According to Internet Live Stats, there are over 1.7 million websites on the internet, with 4.5 billion people contributing to online interactions each day. This means your one website is fighting tons of sites to appear on the Search Engine Results Pages (SERPs) for a piece of 4.5 billion people. The best way has always been to use SEO and pull traffic to your site. While there are tons of paid SEO software online to help you do that, Google Search Console remains one of the best ways to do it, free or paid.
Before we get into details and find out why Google Search Console is so vital for your SEO, let’s first understand exactly what it is and how to get started.
What Is Google Search Console?
Google Search Console (GSC) is a free tool from Google that helps you understand how you are performing on Google Search. Once you have this information, you can easily decide what you need to do to improve your appearance on search results and bring relevant traffic to your site. You can also use Google Search Console to find and fix technical issues on your website, see who is linking back to your site, and tell if your site is mobile-friendly or not. Finally, Google Search Console is a prerequisite for your website to be featured in the Google Knowledge Panel.

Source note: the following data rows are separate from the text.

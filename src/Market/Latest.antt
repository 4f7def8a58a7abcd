-- ===== src/Market/Latest.antt =====
-- The choice of a rate by `resolve_price_per_kg` of services/market_rate_service.py.
use agri_flow.Prelude.{
  ℕ, ◌≡◌, refl, ◌⊎◌, inl, inr, Bool, true, false, String, List, [], ◌∷◌, arith, Bool-cases,
  if◌then◌else◌,
}
use agri_flow.Prelude.Int.{pos}
use agri_flow.Prelude.Decimal.{Decimal}
use agri_flow.Prelude.Table.{Table, select}
use agri_flow.Enums.{GrainGrade}
use agri_flow.Models.{MarketRate, Db}
use agri_flow.Market.{applies, newer, latest, price_or_zero, resolve_price_per_kg}

-- membership with its place
pub data In (r : MarketRate) : List MarketRate → Type 0 where
  here : {rs : List MarketRate} → In r (r ∷ rs)
  later : {q : MarketRate} {rs : List MarketRate} → In r rs → In r (q ∷ rs)

abbrev pub NoneNewer : MarketRate → List MarketRate → Type 0
NoneNewer r [] = Unit
NoneNewer r (q ∷ qs) = (newer q r ≡ false) × NoneNewer r qs

-- "Not newer than" is an order on rates.
newer_trans : (a b c : MarketRate) → newer a b ≡ false → newer b c ≡ false → newer a c ≡ false
newer_trans a b c h k = ground arith

newer_asym : (a b : MarketRate) → newer a b ≡ true → newer b a ≡ false
newer_asym a b h = ground arith

newer_irrefl : (a : MarketRate) → newer a a ≡ false
newer_irrefl a = ground arith

abbrev better : MarketRate → MarketRate → MarketRate
better best r = if newer r best then r else best

better_bounds :
    (best r : MarketRate) → (newer best (better best r) ≡ false) × (newer r (better best r) ≡ false)
better_bounds best r = elim (Bool-cases (newer r best)) [
  | inl wins ↦ rw wins (newer_asym r best wins, newer_irrefl r)
  | inr loses ↦ rw loses (newer_irrefl best, loses)
]

latest-newest :
    (best : MarketRate) (rs : List MarketRate)
    → (newer best (latest best rs) ≡ false) × NoneNewer (latest best rs) rs
unfolding latest
latest-newest best [] = (newer_irrefl best, tt)
latest-newest best (r ∷ rs) =
    let b = better_bounds best r in
    let n = latest-newest (better best r) rs in
    let m = latest (better best r) rs in
    (newer_trans best (better best r) m b.0 n.0, (newer_trans r (better best r) m b.1 n.0, n.1))

latest-In : (best : MarketRate) (rs : List MarketRate) → In (latest best rs) (best ∷ rs)
unfolding latest
latest-In best [] = here
latest-In best (r ∷ rs) = elim (Bool-cases (newer r best)) [
  | inl wins ↦ rw wins (later (latest-In r rs))
  | inr loses ↦ rw loses (skip (latest best rs) r rs (latest-In best rs))
]
  where
    skip : (x q : MarketRate) (l : List MarketRate) → In x (best ∷ l) → In x (best ∷ q ∷ l)
    skip x q l here = here
    skip x q l (later m) = later (later m)

-- every rate of a list passes a test
abbrev AllPass : (MarketRate → Bool) → List MarketRate → Type 0
AllPass p [] = Unit
AllPass p (r ∷ rs) = (p r ≡ true) × AllPass p rs

select-AllPass : (p : MarketRate → Bool) (t : Table MarketRate) → AllPass p (select p t)
select-AllPass p [] = tt
select-AllPass p ((k, r) ∷ t) = elim (Bool-cases (p r)) [
  | inl pass ↦ rw pass (pass, select-AllPass p t)
  | inr fail ↦ rw fail (select-AllPass p t)
]

In-AllPass :
    (p : MarketRate → Bool) (r : MarketRate) {l : List MarketRate}
    → In r l
    → AllPass p l
    → p r ≡ true
In-AllPass p r here h = h.0
In-AllPass p r (later m) h = In-AllPass p r m h.1

-- The price is that of a rate for this grain and grade that is in force, and no other such rate is
-- newer; it is zero where there is no such rate.
abbrev pub IsResolved : ℕ → String → GrainGrade → Db → Decimal → Type 0
IsResolved today crop_type grade d price =
    let rows = select (applies today crop_type grade) d.market_rates in
    (rows ≡ []) × (price ≡ pos 0)
    ⊎ ((r : MarketRate) × (In r rows)
        × (applies today crop_type grade r ≡ true)
        × (price ≡ r.price_per_kg)
        × NoneNewer r rows)

newest_of :
    (p : MarketRate → Bool) (rows : List MarketRate)
    → AllPass p rows
    → (rows ≡ []) × (price_or_zero rows ≡ pos 0)
      ⊎ ((r : MarketRate) × (In r rows)
          × (p r ≡ true)
          × (price_or_zero rows ≡ r.price_per_kg)
          × NoneNewer r rows)
newest_of p [] h = inl (refl, refl)
newest_of p (r ∷ rs) h =
    let m = latest-In r rs in
    inr (latest r rs, m, In-AllPass p (latest r rs) m h, refl, latest-newest r rs)

pub resolve_price_per_kg-newest :
    (today : ℕ) (crop_type : String) (grade : GrainGrade) (d : Db)
    → IsResolved today crop_type grade d (resolve_price_per_kg today crop_type grade d)
unfolding resolve_price_per_kg
resolve_price_per_kg-newest today crop_type grade d =
    newest_of (applies today crop_type grade)
      (select (applies today crop_type grade) d.market_rates)
      (select-AllPass (applies today crop_type grade) d.market_rates)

Google’s search tools work hard to understand the content on your page. This is through the analysis of structured data found on the web. They label individual elements on the page allowing users to search for content on your page more specifically. For instance, structured data examples you might find on a recipe page include the recipe title, its author, how many people you can serve, cook time, calorie count and more. These information can then be used to enable special search result aspects and boosters. With the right structured data, a recipe website can appear in the graphical section of the SERP, allowing it to get a higher CTR.
What Is the Difference between Google Search Console and Google Analytics?
The main difference between the two tools is the purpose they serve. Google Search Console focuses on getting you data that helps you improve your site visibility and presence in SERPs. Thus, the tool is search-engine focused.
On the other hand, Google Analytics focuses on getting you data about your visitors and how they interacted with your website. Because you need both metrics to create a website that readers love, use both to complement each other.
Since we are covering GSC today, let’s get started on what this tool can do for your SEO needs.
How to Set Up Google Search Console?
Before you use Google Search Console, you must activate your account and link it to Google analytics and any SEO tool you use to research keywords and write content. Some tools don’t have this feature, but others like ZenBrief do.
Activate Google Search Console
Go to Google Search Console and use your business email to sign in. You will have two options. That is, domain and URL prefix, which you will use to add your website. You can use either option, so no need to pick both.
Next, you will have to verify that you own the website or property. One of the ways to do so is to rely on Google Analytics tracking ID. To find the ID, simply log in to your Google Analytics account and navigate to settings. Select property setting, basic property setting, and finally, tracking ID. Verifying your business can even simplify the verification process when you add or claim your Google Business Profile.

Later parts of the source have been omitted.